Spektakuläre Wiederentdeckung eines musikhistorischen Kuriosums

von Rainer Aschemeier  •  7. September 2011
Best.-Nr.: GCD 921622 / EAN: 8424562016224

Einst war Musik auch eine geographische Angelegenheit: Händel machte sich in Rom unbeliebt, weil er laut Meinung einiger hochgestellter Herren „viel zu französisch“ komponiert hätte. Im Gegensatz dazu verachtete der französische Barock die durch Rezitative „entstellte“ italienische Oper, die für französische Ohren wohl so etwas wie der Gipfel der musikalischen Unzugänglichkeit gewesen sein soll. Eine Annäherung fand somit nicht statt. Eher versuchten französische und italienische Komponisten lange Zeit, sich ganz bewusst voneinander abzugrenzen.

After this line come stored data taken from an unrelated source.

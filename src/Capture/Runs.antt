-- ===== src/Capture/Runs.antt =====
-- Runs of the station: any requests, captures and acknowledgements, with any answers.
use homecluster_infra.Base.{ℕ, String, List, nat_eq, string_eq, arith}
use homecluster_infra.Capture.Station.{Station, empty_station, Asking, request}
use homecluster_infra.Capture.Serve.{Serving, serve}
use homecluster_infra.Capture.Acknowledge.{Acking, acknowledge}
use homecluster_infra.Capture.Bounds.{IsBounded, request-IsBounded, acknowledge-IsBounded}
use homecluster_infra.Capture.Bounds.Serve.{serve-IsBounded}

module _ (digest : List ℕ → String) where
  -- One run of the station, from no files at all.
  pub data Run : Station → Type 0 where
    begins : Run empty_station
    requests : {s : Station} (a : Asking) (profile : String) → Run s → Run (request a profile s).0
    serves : {s : Station} (a : Serving) → Run s → Run (serve digest a s).0
    acknowledges :
        {s : Station} (a : Acking) (id expected : String)
        → Run s
        → Run (acknowledge digest a id expected s).0

  -- Whatever requests, captures and acknowledgements are made from a station without files, with
  -- any answers, where each file operation of a request and of a capture may fail or be cut off,
  -- before or after it takes effect, as may the writing of a receipt and the removal of a run: the
  -- spool holds at most two runs, and there are at most 64 acknowledgements.
  pub Run-IsBounded : {s : Station} → Run s → IsBounded s
  Run-IsBounded begins = (omega arith, omega arith)
  Run-IsBounded (requests {s} a profile run) = request-IsBounded a profile s (Run-IsBounded run)
  Run-IsBounded (serves {s} a run) = serve-IsBounded digest a s (Run-IsBounded run)
  Run-IsBounded (acknowledges {s} a id expected run) =
      acknowledge-IsBounded digest a id expected s (Run-IsBounded run)
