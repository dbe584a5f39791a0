-- ===== src/Capture/Tests.antt =====
-- A file of one packet, a station that captures it, and the theorems at them.
use homecluster_infra.Base.{
  ℕ, ◌^◌, ◌≤◌, ◌≡◌, ◌↔◌, refl, if◌then◌else◌, String, Bool, true, false, none, some, List, [], ◌∷◌,
  ◌++◌, ◌==◌, string_eq, nat_eq, bytes_eq, encode, length, ok, err, ◌>>=◌, find, put, take, drop,
  is_digit, is_ok,
}
use homecluster_infra.Value.{Fields, field, end, int, pos, str, dict, has, get, lookup, keys}
use homecluster_infra.Capture.Config.{config, read_profiles, is_profile_name}
use homecluster_infra.Capture.Pcap.{
  limit, Summary, word, endian, read_record, read_records, read_body, pcap,
}
use homecluster_infra.Capture.Pcap.Laws.{AreRecords, read_records_iff, pcap-AreRecords}
use homecluster_infra.Capture.Steps.{Effect, Fate, run_steps}
use homecluster_infra.Capture.Station.{
  Config, Request, Receipt, Station, empty_station, Storage, guards, Asking, may_request, request,
  is_capture_id, is_digest, whole_match,
}
use homecluster_infra.Capture.Serve.{
  Serving, may_serve, update, accept, after_accept, after_tcpdump, after_capture, capture,
  after_start, after_checks, serve,
}
use homecluster_infra.Capture.Complete.{Completes, serve-artifact}
use homecluster_infra.Capture.Acknowledge.{
  removed, Publishing, Acking, after_publish, without, acknowledged_receipts, after_removal,
  remove_run, artifact, new_receipt, with_new_receipt, acknowledge_known, acknowledge_checked,
  acknowledge,
}
use homecluster_infra.Capture.Acknowledge.Laws.{acknowledge-ok}
use homecluster_infra.Capture.Acknowledge.Evidence.{HasPackets, acknowledge-HasPackets}
use homecluster_infra.Capture.Bounds.{IsBounded}
use homecluster_infra.Capture.Runs.{begins, requests, serves, Run-IsBounded}

abbrev some_sha : String
some_sha = "0123456789abcdef0123456789abcdef0123456789abcdef0123456789abcdef"

abbrev digest : List ℕ → String
digest bytes = some_sha

-- A packet of 60 bytes, of which the file has three.
abbrev packet : List ℕ
packet = 1 ∷ 2 ∷ 3 ∷ 4 ∷ 5 ∷ 6 ∷ 7 ∷ 8 ∷ 3 ∷ 0 ∷ 0 ∷ 0 ∷ 60 ∷ 0 ∷ 0 ∷ 0 ∷ 170 ∷ 187 ∷ 204 ∷ []

abbrev file_bytes : List ℕ
file_bytes =
    212 ∷ 195 ∷ 178 ∷ 161 ∷ 2 ∷ 0 ∷ 4 ∷ 0 ∷ 0 ∷ 0 ∷ 0 ∷ 0 ∷ 0 ∷ 0 ∷ 0 ∷ 0 ∷ 255 ∷ 255 ∷ 0 ∷ 0 ∷ 1
    ∷ 0 ∷ 0 ∷ 0 ∷ packet

abbrev file_summary : Summary
file_summary = record {
  size_bytes = 43;
  packet_count = 1;
  truncated_packet_count = 1;
  snaplen = 65535;
  linktype = 1;
  pcap_sha256 = some_sha;
}

file_accepted : pcap digest file_bytes ≡ ok file_summary
unfolding pcap endian read_body read_records read_record word take drop ◌>>=◌
file_accepted = refl

-- The second packet is cut off.
file_refused : is_ok (pcap digest (file_bytes ++ (1 ∷ []))) ≡ false
unfolding pcap endian read_body read_records read_record word take drop ◌>>=◌
file_refused = refl

read_records_iff_example :
    (read_records true 1000 packet ≡ ok (1, 1)) ↔ (AreRecords true packet 1 1 × (1 ≤ 1000))
read_records_iff_example = read_records_iff true packet 1 1

pcap-AreRecords_example :
    (little : Bool) × (endian (take 4 file_bytes) ≡ some little)
    × (24 ≤ length file_bytes)
    × (length file_bytes ≤ limit)
    × AreRecords little (drop 24 file_bytes) 1 1
    × (1 ≤ 1000)
    × (43 ≡ length file_bytes)
    × (some_sha ≡ digest file_bytes)
pcap-AreRecords_example = pcap-AreRecords digest file_bytes file_accepted

abbrev some_config : Config
some_config = record {
  profiles = ("lan", record { interface = "br-lan"; bpf = "port 53"; duration_seconds = 30 }) ∷ [];
  sha256 = "c";
}

-- The configuration's file, with a duration in seconds.
abbrev config_file : ℕ → Fields
config_file seconds = field "schema" (int (pos 1)) (
    field "profiles"
      (dict (
        field "lan"
          (dict (
            field "interface" (str "br-lan")
              (field "filter" (str "port 53") (field "duration_seconds" (int (pos seconds)) end))))
          end))
      end)

config_accepted : config (config_file 30) ≡ ok some_config.profiles
unfolding config read_profiles is_profile_name encode is_digit has get lookup keys ◌>>=◌
config_accepted = refl

config_refused : config (config_file 181) ≡ err "duration"
unfolding config read_profiles is_profile_name encode is_digit has get lookup keys ◌>>=◌
config_refused = refl

abbrev some_storage : Storage
some_storage = record {
  mounted = true;
  old = λ id. false;
  free_bytes = 10 ^ 11;
  memory_bytes = 10 ^ 9;
  load = 50;
}

abbrev some_id : String
some_id = "20260101T000000Z-0123456789abcdef"

abbrev asking : Asking
asking = record {
  config = ok some_config;
  locked = false;
  storage = some_storage;
  capture_id = some_id;
  now_ns = 1000;
  publishing = λ k. Fate.succeeds;
  starts = true;
}

abbrev serving : Serving
serving = record {
  config = ok some_config;
  locked = false;
  storage = some_storage;
  now_ns = 2000;
  starting = λ k. Fate.succeeds;
  working = λ k. Fate.succeeds;
  handling = λ k. Fate.succeeds;
  cut = none;
  bytes = file_bytes;
  stop_reason = "duration_limit";
  drops = some 0;
}

abbrev acking : Acking
acking = record {
  locked = false;
  mounted = true;
  now_ns = 3000;
  publishing = Publishing.published;
  removing = removed;
}

abbrev asked_station : Station
asked_station = (request asking "lan" empty_station).0

abbrev served_station : Station
served_station = (serve digest serving asked_station).0

capture_ends : (serve digest serving asked_station).1 ≡ ok tt
unfolding request may_request guards serve may_serve after_checks run_steps update after_start
    capture after_tcpdump after_accept accept after_capture pcap endian read_body read_records
    read_record word take drop find put is_capture_id whole_match is_digit encode ◌>>=◌
capture_ends = refl

-- The process dies in the `publish` of the manifest.
abbrev cut_serving : Serving
cut_serving = record serving {
  working = λ k. if k == 6 then Fate.dies Effect.begun else Fate.succeeds;
}

abbrev cut_station : Station
cut_station = (serve digest cut_serving asked_station).0

cut_without_manifest :
    (cut_station.request ≡ none)
    × (find some_id cut_station.spool
        ≡ some (record {
          started = true;
          filter = true;
          part = none;
          packets = some file_bytes;
          manifest = none;
          failure = none;
          temporary = true;
        }))
unfolding request may_request guards serve may_serve after_checks run_steps update after_start
    capture after_tcpdump after_accept accept after_capture pcap endian read_body read_records
    read_record word take drop find put is_capture_id whole_match is_digit encode ◌>>=◌
cut_without_manifest = (refl, refl)

serve-artifact_example :
    (item : Request) × (asked_station.request ≡ some item) × Completes digest served_station item
serve-artifact_example = serve-artifact digest serving asked_station capture_ends

abbrev some_receipt : Receipt
some_receipt = record { pcap_sha256 = some_sha; epoch = 3000 }

acknowledged :
    (acknowledge digest acking some_id some_sha served_station).1 ≡ ok (some_receipt, false)
unfolding request may_request guards serve may_serve after_checks run_steps update after_start
    capture after_tcpdump after_accept accept after_capture pcap endian read_body read_records
    read_record word take drop find put is_capture_id whole_match is_digit encode ◌>>=◌ acknowledge
    acknowledged_receipts acknowledge_checked acknowledge_known with_new_receipt new_receipt
    artifact remove_run after_publish after_removal without is_digest
acknowledged = refl

acknowledge-ok_example :
    (some_sha ≡ some_sha)
    × (find some_id (acknowledge digest acking some_id some_sha served_station).0.receipts
        ≡ some some_receipt)
    × (find some_id (acknowledge digest acking some_id some_sha served_station).0.spool ≡ none)
    × ((j : String)
        → (some_id == j) ≡ false
        → find j (acknowledge digest acking some_id some_sha served_station).0.spool
          ≡ find j served_station.spool)
acknowledge-ok_example = acknowledge-ok digest acking some_id some_sha served_station acknowledged

no_receipt : find some_id (acknowledged_receipts 3000 served_station.receipts).0 ≡ none
unfolding request may_request guards serve may_serve after_checks run_steps update after_start
    capture after_tcpdump after_accept after_capture find put acknowledged_receipts is_capture_id
    whole_match is_digit encode ◌>>=◌
no_receipt = refl

acknowledge-HasPackets_example : HasPackets digest some_id served_station some_sha
acknowledge-HasPackets_example =
    acknowledge-HasPackets digest acking some_id some_sha served_station no_receipt acknowledged

-- The last capture is cut off after its file has its name.
Run-IsBounded_example : IsBounded cut_station
Run-IsBounded_example = Run-IsBounded digest (serves cut_serving (requests asking "lan" begins))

In diesen Tagen erscheint eine neue CD beim spanischen Edel-Label „Glossa“, die beweist, dass es zumindest an Versuchen, beide Stile einander anzunähern nicht fehlte. Hierbei sollte allerdings gesagt sein, dass André Campras als „Opéra-ballet“ titulierter Vorstoß eine einmalige, selbst aus heutiger Sicht noch gewagt anmutende Kuriosität gewesen ist. Campra, zu seiner Zeit einer der beliebtesten Komponisten von Opern und geistlicher Musik im barocken Paris, nahm den „Karneval von Venedig“ zum Anlass, um ein groß angelegtes Bühnenwerk zu kreieren. Die Franzosen hatten zu der Zeit bereits viel vom venezianischen Karneval gehört, wobei die Stories, die man sich darüber hinter vorgehaltener Hand ins Ohr tuschelte, wohl vor allem die frivole und lustvolle Seite dieser Traditionsveranstaltung hervorgehoben haben dürften.

Es wird die Maskenfreiheit und frivole Ausgelassenheit des venezianischen Karnevals gewesen sein, die Campra und sein Publikum faszinierten. In "Le Carnaval de Venise" bediente der Komponist diese Sehnsucht des Publikums nach schwungvollem Pomp und größtmöglichem Theatereffekt aufs vortrefflichste. Bildquelle: wikimedia commons.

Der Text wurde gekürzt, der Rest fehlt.